Data science processes
Production engineering teams work on sprint cycles, with projected timelines. That’s often difficult for data science teams to do because a lot of time upfront can be spent just determining whether a project is feasible. Data must be collected and cleaned, and then the team must determine whether it can answer the question efficiently.
Data science ideally should follow the scientific method, though that’s not always the case, or even feasible. Real science takes time: You spend a little bit confirming your hypothesis and then a lot trying to disprove yourself. In business, time-to-answer is important. As a result, data science can often mean going with the good enough answer rather than the best answer. The danger, though, is results can fall victim to confirmation bias or overfitting.
According to computer science portal GeeksforGeeks, a typical data science process includes the following steps:
- Define the problem and create a project charter. A data science project charter outlines the objectives, resources, deliverables, and timeline to ensure all stakeholders are aligned.
- Retrieve data. Data relevant to the project could be stored in databases, data warehouses, or data lakes. Accessing that data may require navigating the organization’s policies and requesting permissions.
- Employ data cleansing, integration, and transformation. Data cleansing removes errors, inconsistencies, and outliers in the data. Integration combines datasets from various sources. Transformation prepares the data for modeling.
- Enact exploratory data analysis (EDA). This step uses graphical techniques like scatter plots, histograms, and box plots to visualize data and identify trends. This step helps in the selection of the correct modeling techniques for the project.
- Build models. This step involves building ML or deep learning models to make predictions or classifications based on the data.
- Present findings and deploy models. After completing the analysis, this step involves presenting the results to stakeholders and deploying models into production systems to automate decision-making or support ongoing analysis.
Data science tools
Data science teams make use of a wide range of tools, including SQL, Python, R, Java, and a cornucopia of open source projects such as Hive, oozie, and TensorFlow. These tools are used for a variety of data-related tasks, ranging from extracting and cleaning data, to subjecting data to algorithmic analysis via statistical methods or ML. According to the Data Science Council of America, some of the most popular data science tools include:
- Python: A versatile programming language that’s a favorite of data scientists. It features extensive libraries for manipulating and analyzing data and implementing ML algorithms, including: NumPy, Pandas, seaborn, and scikit-learn.
- R: A language and environment for statistical computing and graphics. R is an integral part of the data science toolkit, useful for data exploration, visualization, and statistical modeling.

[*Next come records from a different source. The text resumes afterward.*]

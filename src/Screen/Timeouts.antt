-- ===== src/Screen/Timeouts.antt =====
-- The timeouts of gtkconsole.cc while the guest writes nothing: each draws the rows that are marked,
-- and one in 25 looks at the colours.
use vx68k_v.Base.{
  ℕ, zero, suc, ◌+◌, ◌≤◌, ◌<◌, ◌≡◌, refl, sym, ap, ◌∙◌, inl, inr, Bool, true, false, arith,
}
use vx68k_v.Base.Bus.{Result, ok, ◌>>=◌}
use vx68k_v.TextVram.{Glyphs}
use vx68k_v.TextVram.Changes.{ok_injective}
use vx68k_v.TextVram.Iterator.{WordIterator}
use vx68k_v.Screen.{
  Display, height, screen_check_interval, begin_timeout, refresh_rows, handle_timeout,
}
use vx68k_v.Screen.Steps.{
  Phase, idle, drawing, Step, row, timeout, finish, text, colour_word, colour_byte, Reaches, here,
  next,
}
use vx68k_v.Screen.Rows.{Drawn}
use vx68k_v.Screen.Refresh.{Reaches-UpToDate}
use vx68k_v.Screen.Sweep.{
  row-Swept, Swept-next, begun-Elapsed, IsNear, Elapsed-IsNear, begun-counter, Swept, Elapsed,
  Settled,
}

marked_twice : {b : Bool} → b ≡ false → b ≡ true → ⊥
marked_twice h k = cc

-- `handle_timeout` as often as `n` says.
unfoldable pub timeouts : ℕ → Display → Result Display
timeouts zero d = ok d
timeouts (suc n) d = handle_timeout d >>= timeouts n

module _ (it : WordIterator) (g : Glyphs) where
  -- The loop over the rows returns, by steps of the console.
  rows-Swept :
      (n y : ℕ) (u : Bool) (p : Phase) (c d : Display)
      → y + n ≡ height
      → Reaches it g p c (drawing u y) d
      → (e : Display) × (refresh_rows n u y d ≡ ok e) × Swept n y d e × Reaches it g p c idle e
  unfolding refresh_rows
  rows-Swept zero y u p c d h r = (
    d,
    refl,
    record {
      buf_kept = refl;
      palettes_kept = refl;
      counter_kept = refl;
      marks_below = λ r h. refl;
      marks_gone = λ r h l. absurd (omega (arith, h, l));
    },
    next r (finish u y d (omega (arith, h))),
  )
  rows-Swept (suc n) y u p c d h r =
      let (e, k, s) = row-Swept u y d in
      let (f, l, t, q) =
        rows-Swept n (suc y) u p c e (omega (arith, h))
          (next r (row u y d e (omega (arith, h)) k)) in
      (f, rw k (ap (λ i. refresh_rows n u i e) (omega arith) ∙ l), Swept-next n y d e f s t, q)

  timeout-Settled :
      (p : Phase) (c d : Display)
      → Reaches it g p c idle d
      → (e : Display) × (handle_timeout d ≡ ok e) × Elapsed d e × Reaches it g p c idle e
  unfolding handle_timeout
  timeout-Settled p c d r =
      let (u, b) = begin_timeout d in
      let (e, k, s, q) =
        rows-Swept height 0 (begin_timeout d).0 p c (begin_timeout d).1 refl (next r (timeout d)) in
      (e, k, begun-Elapsed d e s, q)

  timeouts-Settled :
      (n : ℕ) (p : Phase) (c d : Display)
      → Reaches it g p c idle d
      → IsNear n d
      → ((r : ℕ) → r < height → d.vram.marks r ≡ false)
      → (e : Display) × (timeouts n d ≡ ok e) × Settled d e × Reaches it g p c idle e
  unfolding timeouts
  timeouts-Settled zero p c d r near gone = (
    d,
    refl,
    record {
      buf_kept = refl;
      tpalette_kept = refl;
      marks_gone = gone;
      unmodified = elim near [ inl m ↦ m | inr (a, b, c) ↦ absurd (omega (arith, a, b)) ];
    },
    r,
  )
  timeouts-Settled (suc n) p c d r near gone =
      let (e, k, s, q) = timeout-Settled p c d r in
      let (f, l, t, z) = timeouts-Settled n p c e q (Elapsed-IsNear n d e s near) s.marks_gone in
      (
        f,
        rw k l,
        record {
          buf_kept = t.buf_kept ∙ s.buf_kept;
          tpalette_kept = t.tpalette_kept ∙ s.tpalette_kept;
          marks_gone = t.marks_gone;
          unmodified = t.unmodified;
        },
        z,
      )

  -- The counter stays from 1 to 25.
  Step-counter :
      {p : Phase} {d : Display} {q : Phase} {e : Display}
      → Step it g p d q e
      → (1 ≤ d.counter) × (d.counter ≤ screen_check_interval)
      → (1 ≤ e.counter) × (e.counter ≤ screen_check_interval)
  Step-counter (text p d w t f e) h = h
  Step-counter (colour_word p d a v fc s e) h = h
  Step-counter (colour_byte p d a v fc s e) h = h
  Step-counter (timeout d) h = begun-counter d h
  Step-counter (row u y d e l k) h =
      let (f, m, s) = row-Swept u y d in
      let same : e ≡ f = ok_injective e f (sym k ∙ m) in
      let kept : e.counter ≡ d.counter = ap (λ i. i.counter) same ∙ s.counter_kept in
      (omega (arith, kept, h.0), omega (arith, kept, h.1))
  Step-counter (finish u y d l) h = h

  Reaches-counter :
      {d e : Display} {q : Phase}
      → Reaches it g idle d q e
      → d.counter ≡ 1
      → (1 ≤ e.counter) × (e.counter ≤ screen_check_interval)
  Reaches-counter here h = (omega (arith, h), omega (arith, h))
  Reaches-counter (next r s) h = Step-counter s (Reaches-counter r h)

  -- Where each row of a timeout and each write is one step, and the writes are bytes, words,
  -- characters and scrolls of the text planes and bytes and words of the palette: with the counter at
  -- 1 as the constructor leaves it and every raster of the screen marked, after any such steps up to
  -- the end of a timeout, 26 timeouts with no write of the guest return, leave the planes and the
  -- colours as they are, and the image then shows every pixel of the screen in its red, green and blue.
  pub timeouts-Drawn :
      (c d : Display)
      → c.counter ≡ 1
      → ((y : ℕ) → y < height → c.vram.marks y ≡ true)
      → Reaches it g idle c idle d
      → (e : Display) × (timeouts 26 d ≡ ok e)
        × (e.vram.buf ≡ d.vram.buf)
        × (e.palettes.tpalette ≡ d.palettes.tpalette)
        × ((y : ℕ) → y < height → Drawn e y)
  unfolding timeouts
  timeouts-Drawn c d first marked r =
      let (f, k, s, q) = timeout-Settled idle c d r in
      let h = Reaches-counter q first in
      let (e, l, t, z) = timeouts-Settled 25 idle c f q (inr (h.0, h.1, h.1)) s.marks_gone in
      (
        e,
        rw k l,
        t.buf_kept ∙ s.buf_kept,
        t.tpalette_kept ∙ s.tpalette_kept,
        λ y i. elim (Reaches-UpToDate it g z marked y i) [
          | inl (inl m) ↦ absurd (marked_twice (t.marks_gone y i) m)
          | inl (inr (inl m)) ↦ absurd (marked_twice t.unmodified m)
          | inl (inr (inr none)) ↦ elim none [ ]
          | inr drawn ↦ drawn
        ],
      )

- JupyterLab: This web-based interactive development environment for notebooks, code, and data offers a flexible interface to configure and arrange workflows in data science and ML.
- Excel: Microsoft’s spreadsheet software is perhaps the most extensively used BI tool around. It’s also handy for data scientists, working with smaller datasets.
- ChatGPT: This generative pre-trained transformer (GPT) has become a powerful tool for data science tasks that can generate and execute Python code, and produce comprehensive analysis reports. It also features plugins for research, math, statistics, automation, and document review.
- TensorFlow and PyTorch: These deep learning frameworks help data scientists develop and deploy ML models in the domain of neural networks. They help data scientists perform complex tasks including image recognition and natural language processing (NLP).
- Tableau: Now owned by Salesforce, Tableau is a data visualization tool used to create interactive and shareable dashboards.
- Apache Spark: This unified analytics engine is designed to process large-scale data, with support for data cleansing, transformation, model building, and evaluation.
- Power BI: Microsoft’s Power BI facilitates data gathering, analysis, and presentation.